## What to work on
In the entries below, find the line with "refresh_begin p = record" and the line with "expires_in_days = sent_days". Return those two lines and all lines between them, exactly.

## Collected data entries

○ ○ ○ ○ ○ ○ ○

-- ===== src/Keys/Handlers.antt =====
-- The handlers of web/app/settings/keys/page.tsx that change tokens: create, rotate, revoke, and the
-- lists of addresses and paths that a token is restricted to.
use clawhum.Prelude.{
  ℕ, Bool, true, false, not, ◌||◌, Option, none, some, List, [], ◌∷◌, ◌++◌, map, if◌then◌else◌,
  ◌==◌, filter, is_empty, ◌≡◌, arith,
}
use clawhum.Prelude.Text.{Text, codes, trim, is_space, join}
use clawhum.Keys.{
  KeyRow, CreatedKey, KeyPolicy, ListState, loading, ready, error, Ttl, sent_days, ttl_of_policy,
}
use clawhum.Keys.Panel.{PanelAnswer, threw, refused, replied, message_or_status}

-- A restriction under edit: the token, the draft, the token that is being saved, and the error.
pub record ListEditor : Type 0 where
  pub target : Option Text
  pub draft : Text
  pub saving : Option Text
  pub err : Option Text

pub record KeysPage : Type 0 where
  pub state : ListState
  pub name : Text
  pub ttl_days : Ttl
  pub policy : Option KeyPolicy
  pub selected_scopes : List Text
  pub creating : Bool
  pub create_error : Option Text
  pub just_created : Option CreatedKey
  pub revoking : Option Text
  pub confirm_id : Option Text
  pub rotate_id : Option Text
  pub rotating : Option Text
  pub rotate_error : Option Text
  pub addresses : ListEditor

-- The body of the request of `create`.
pub record CreateRequest : Type 0 where
  pub name : Text
  pub expires_in_days : ℕ
  pub scopes : List Text

-- `refresh` up to its request, and from the answer on; a status that is not ok carries its text.
unfoldable pub refresh_begin : KeysPage → KeysPage
refresh_begin p = record p { state = loading }

unfoldable pub refresh_end : PanelAnswer (List KeyRow) → KeysPage → KeysPage
refresh_end (threw m) p = record p { state = error 0 m }
refresh_end (refused status msg) p = record p { state = error status msg }
refresh_end (replied rows) p = record p { state = ready rows }

-- A policy arrives.
unfoldable pub set_policy : KeyPolicy → KeysPage → KeysPage
unfolding ttl_of_policy
set_policy k p = record p { policy = some k; ttl_days = ttl_of_policy k p.ttl_days }

unfoldable pub create_begin : KeysPage → Option (KeysPage × CreateRequest)
unfolding sent_days
create_begin p =
    if is_empty (trim p.name) || p.creating
    then none
    else some (
      record p { creating = true; create_error = none },
      record {
        name = trim p.name;
        expires_in_days = sent_days p.ttl_days;
        scopes = p.selected_scopes;
      },
    )

module _ (number_text : ℕ → Text) where
  -- `create` from the answer on, up to the request of `refresh` where it succeeds.
  unfoldable pub create_end : PanelAnswer CreatedKey → KeysPage → KeysPage
  unfolding refresh_begin
  create_end (threw m) p = record p { create_error = some m; creating = false }
  create_end (refused status msg) p = record p {
    create_error = some (message_or_status number_text status msg);
    creating = false;
  }
  create_end (replied k) p =
      refresh_begin (record p { just_created = some k; name = []; selected_scopes = [] })

  unfoldable pub rotate_end : PanelAnswer CreatedKey → KeysPage → KeysPage
  unfolding refresh_begin
  rotate_end (threw m) p = record p { rotate_error = some m; rotating = none }
  rotate_end (refused status msg) p = record p {
    rotate_error = some (message_or_status number_text status msg);
    rotating = none;
  }
  rotate_end (replied k) p = refresh_begin (record p { just_created = some k; rotate_id = none })

  -- `saveIpAllowlist` and `savePathAllowlist` from the answer on.
  unfoldable pub save_list_end : PanelAnswer {0} Unit → ListEditor → ListEditor
  save_list_end (threw m) e = record e { err = some m; saving = none }
  save_list_end (refused status msg) e = record e {
    err = some (message_or_status number_text status msg);
    saving = none;
  }
  save_list_end (replied _) e = record e { target = none; draft = [] }

-- The end of `create` and of `rotate`, behind the answer to `refresh`.
unfoldable pub create_done : PanelAnswer (List KeyRow) → KeysPage → KeysPage
unfolding refresh_end
create_done answer p = record (refresh_end answer p) { creating = false }

abbrev pub is_none {ℓ} : {A : Type ℓ} → Option A → Bool
is_none none = true
is_none (some a) = false

-- `rotate` up to its request; the grace period that it sends is left out.
unfoldable pub rotate_begin : Text → KeysPage → Option KeysPage
rotate_begin id p =
    if not (is_none p.rotating)
    then none
    else some (record p { rotating = some id; rotate_error = none })

unfoldable pub rotate_done : PanelAnswer (List KeyRow) → KeysPage → KeysPage
unfolding refresh_end
rotate_done answer p = record (refresh_end answer p) { rotating = none }

-- `revoke`: a refusal and a request that throws leave the question open, with no message.
unfoldable pub revoke_begin : Text → KeysPage → KeysPage
revoke_begin id p = record p { revoking = some id }

unfoldable pub revoke_end : PanelAnswer {0} Unit → KeysPage → KeysPage
unfolding refresh_begin
revoke_end (threw m) p = record p { revoking = none }
revoke_end (refused status msg) p = record p { revoking = none }
revoke_end (replied _) p = refresh_begin (record p { confirm_id = none })

unfoldable pub revoke_done : PanelAnswer (List KeyRow) → KeysPage → KeysPage
unfolding refresh_end
revoke_done answer p = record (refresh_end answer p) { revoking = none }

-- A part of the draft ends at a comma or a space; the `split` also gives the empty parts at its ends,
-- and the filter drops them, as it drops those between the separators of a run.
abbrev pub is_separator : ℕ → Bool
is_separator c = is_space c || c == b','

unfoldable pub split_parts : Text → Text → List Text
split_parts cur [] = cur ∷ []
split_parts cur (c ∷ s) =
    let rest = split_parts (if is_separator c then [] else cur ++ c ∷ []) s in
    if is_separator c then cur ∷ rest else rest

unfoldable pub parse_list : Text → List Text
unfolding split_parts
parse_list draft = filter (λ s. not (is_empty s)) (map trim (split_parts [] draft))

-- The click that opens the editor, with the token's list.
unfoldable pub edit_list : Text → List Text → ListEditor → ListEditor
unfolding join
edit_list id entries e = record e {
  target = some id;
  draft = join (codes "\n") entries;
  err = none;
}

-- `saveIpAllowlist` up to its request, and the entries that it sends.
unfoldable pub save_list_begin : Text → ListEditor → Option (ListEditor × List Text)
unfolding parse_list
save_list_begin id e =
    if not (is_none e.saving)
    then none
    else some (record e { saving = some id; err = none }, parse_list e.draft)

unfoldable pub save_list_done : ListEditor → ListEditor
save_list_done e = record e { saving = none }

abbrev pub created_key : PanelAnswer CreatedKey → Option CreatedKey
created_key (threw m) = none
created_key (refused status msg) = none
created_key (replied k) = some k

abbrev pub list_state : PanelAnswer (List KeyRow) → ListState
list_state (threw m) = error 0 m
list_state (refused status msg) = error status msg
list_state (replied rows) = ready rows

-- Once `create` has sent its request, a second submit sends none until it ends; and while nothing else
-- changes the page, it ends with the page idle again. If the server created the token, its secret
-- is shown, the form is empty and the list is as fetched; if not, the form and the list are as they
-- were and there is an error.
pub create-outcome :
    (number_text : ℕ → Text) (p p1 : KeysPage) (r : CreateRequest) (answer : PanelAnswer CreatedKey)
    → (listed : PanelAnswer (List KeyRow)) → create_begin p ≡ some (p1, r)
    → let p2 = create_end number_text answer p1 in
      let ok = not (is_none (created_key answer)) in
      let p3 = if ok then create_done listed p2 else p2 in
      (create_begin p1 ≡ none)
      × (r.name ≡ trim p.name)
      × (p3.creating ≡ false)
      × (p3.just_created ≡ (if ok then created_key answer else p.just_created))
      × (p3.name ≡ (if ok then [] else p.name))
      × (p3.selected_scopes ≡ (if ok then [] else p.selected_scopes))
      × (p3.state ≡ (if ok then list_state listed else p.state))
      × (is_none p3.create_error ≡ ok)
unfolding create_begin create_end create_done refresh_end refresh_begin
create-outcome number_text p p1 r (threw m) listed b = ground (arith, b)
create-outcome number_text p p1 r (refused status msg) listed b = ground (arith, b)
create-outcome number_text p p1 r (replied k) (threw m) b = ground (arith, b)
create-outcome number_text p p1 r (replied k) (refused status msg) b = ground (arith, b)
create-outcome number_text p p1 r (replied k) (replied rows) b = ground (arith, b)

○ ○ ○ ○ ○ ○ ○

## Your solution
refresh_begin p = record p { state = loading }

unfoldable pub refresh_end : PanelAnswer (List KeyRow) → KeysPage → KeysPage
refresh_end (threw m) p = record p { state = error 0 m }
refresh_end (refused status msg) p = record p { state = error status msg }
refresh_end (replied rows) p = record p { state = ready rows }

-- A policy arrives.
unfoldable pub set_policy : KeyPolicy → KeysPage → KeysPage
unfolding ttl_of_policy
set_policy k p = record p { policy = some k; ttl_days = ttl_of_policy k p.ttl_days }

unfoldable pub create_begin : KeysPage → Option (KeysPage × CreateRequest)
unfolding sent_days
create_begin p =
    if is_empty (trim p.name) || p.creating
    then none
    else some (
      record p { creating = true; create_error = none },
      record {
        name = trim p.name;
        expires_in_days = sent_days p.ttl_days;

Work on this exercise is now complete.